People seeking information online about elections have a protected right to view it, even through VLOPs. The dissemination of this content should not be within the EU’s enforcement focus under the threat of non-compliance procedures, and risks associated with such events should be analyzed with care. Yet Breton’s letter asserts that such publications are actually under EU scrutiny. And it is entirely unclear what proactive measures a VLOP should take to address a future speech event without resorting to general monitoring and disproportionate content restrictions. 

Moreover, Breton’s letter fails to distinguish between “illegal” and “harmful content” and implies that the Commission favors content-specific restrictions of lawful speech. The European Commission has itself recognized that “harmful content should not be treated in the same way as illegal content.” Breton’s tweet that accompanies his letter refers to the “risk of amplification of potentially harmful content.” His letter seems to use the terms interchangeably. Importantly, this is not just a matter of differences in the legal protections for speech between the EU, the UK, the US, and other legal systems. The distinction, and the protection for legal but harmful speech, is a well-established global freedom of expression principle. 

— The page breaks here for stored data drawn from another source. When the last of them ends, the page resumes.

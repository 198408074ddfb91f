-- ===== src/Lab/Data.antt =====
-- The rows of the three tables of the lab database (store.py, the script of `LabStore.open`), the
-- store, and an action on it: state with exceptions, where a raise keeps what was written so far.
-- Times are whole microseconds. An id is a text, as `uuid.uuid4().hex` is.
use constella.Prelude.{ℕ, ◌*◌, Bool, true, false, Option, none, some, List, Text, if◌then◌else◌}

pub data Role : Type 0 where
  viewer member admin : Role

pub data UserStatus : Type 0 where
  active disabled pending_identity_review : UserStatus

pub data Assurance : Type 0 where
  self_claimed admin_verified node_verified : Assurance

pub data BindingStatus : Type 0 where
  in_force revoked reassigned : BindingStatus

pub record User : Type 0 where
  pub id : Text
  pub access_issuer : Text
  pub access_subject : Text
  pub email : Text
  pub email_normalized : Text
  pub display_name : Option Text
  pub role : Role
  pub status : UserStatus
  pub created_at : ℕ
  pub updated_at : ℕ
  pub last_login_at : ℕ
  pub onboarding_completed_at : Option ℕ

pub record Binding : Type 0 where
  pub id : Text
  pub user_id : Text
  pub node_id : Text
  pub unix_uid : ℕ
  pub unix_gid : Option ℕ
  pub unix_username : Text
  pub assurance : Assurance
  pub status : BindingStatus
  pub valid_from : ℕ
  pub valid_to : Option ℕ
  pub created_by : Text
  pub ended_by : Option Text
  pub reason : Option Text

-- What `details_json` holds, by the action that is recorded.
pub data Details : Type 0 where
  user_created user_updated : Role → UserStatus → Details
  binding_created : Text → Text → ℕ → Assurance → Option Text → Details
  onboarding_completed : ℕ → Details
  binding_ended : BindingStatus → Option Text → Details
  binding_reassigned : Text → Text → Details
  binding_verified : Assurance → Details
  identity_migrated : Text → Text → Details
  readonly_selected : Details

pub record AuditEvent : Type 0 where
  pub occurred_at : ℕ
  pub actor_user_id : Option Text
  pub target_id : Option Text
  pub request_id : Text
  pub details : Details

-- `audit` has the newest event first.
pub record Store : Type 0 where
  pub users : List User
  pub bindings : List Binding
  pub audit : List AuditEvent

pub data Error : Type 0 where
  value_error lab_store_error last_admin_error binding_conflict_error integrity_error : Error

pub data Result (A : Type 0) : Type 0 where
  ok : A → Result A
  raised : Error → Result A

abbrev pub Action : Type 0 → Type 0
Action A = Store → Result A × Store

abbrev conflict_of : Error → Error
conflict_of integrity_error = binding_conflict_error
conflict_of e = e

module _ {A : Type 0} where
  unfoldable pub pure : A → Action A
  pure a s = (ok a, s)

  unfoldable pub raise : Error → Action A
  raise e s = (raised e, s)

  unfoldable pub gets : (Store → A) → Action A
  gets f s = (ok (f s), s)

  unfoldable pub or_raise : Option A → Error → Action A
  or_raise none e s = (raised e, s)
  or_raise (some a) e s = (ok a, s)

  unfoldable pub branch : Bool → Action A → Action A → Action A
  branch true m n = m
  branch false m n = n

  unfoldable pub if_found : {B : Type 0} → Option B → Action A → (B → Action A) → Action A
  if_found none m f = m
  if_found (some b) m f = f b

  abbrev pub commit : Store → Result A × Store → Result A × Store
  commit s (ok a, s') = (ok a, s')
  commit s (raised e, s') = (raised e, s)

  -- `with self._con():` commits, or rolls back on an exception and lets it pass.
  unfoldable pub transaction : Action A → Action A
  transaction m s = commit s (m s)

  abbrev translate : Result A × Store → Result A × Store
  translate (ok a, s) = (ok a, s)
  translate (raised e, s) = (raised (conflict_of e), s)

  -- `except sqlite3.IntegrityError as exc: raise BindingConflictError(…) from exc`
  unfoldable pub catch_integrity : Action A → Action A
  catch_integrity m s = translate (m s)

abbrev pub continue : {A B : Type 0} → (A → Action B) → Result A × Store → Result B × Store
continue f (ok a, s) = f a s
continue f (raised e, s) = (raised e, s)

infixl 5 ◌>>=◌ ◌>>◌
unfoldable pub ◌>>=◌ : {A B : Type 0} → Action A → (A → Action B) → Action B
◌>>=◌ m f s = continue f (m s)

abbrev pub ◌>>◌ : {A B : Type 0} → Action A → Action B → Action B
m >> k = m >>= λ _. k

unfoldable pub raise_if : Bool → Error → Action (Unit {0})
raise_if c e s = (if c then raised e else ok tt, s)

unfoldable pub modify : (Store → Store) → Action (Unit {0})
modify f s = (ok tt, f s)

-- Ticks in a second.
abbrev pub second : ℕ
second = 1000 * 1000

Lastly, we are concerned that the Commission is reaching beyond its geographic mandate.  It is not clear how such events that occur outside the EU are linked to risks and societal harm to people who live and reside within the EU, as well as the expectation of the EU Commission about what actions VLOPs must take to address these risks. The letter itself admits that the assessment is still in process, and the harm merely a possibility. EFF and partners within the DSA Human Rights Alliance have advocated for a long time that there is a great need to follow a human rights-centered enforcement of the DSA that also considers the global effects of the DSA. It is time for the Commission to prioritize their enforcement actions accordingly.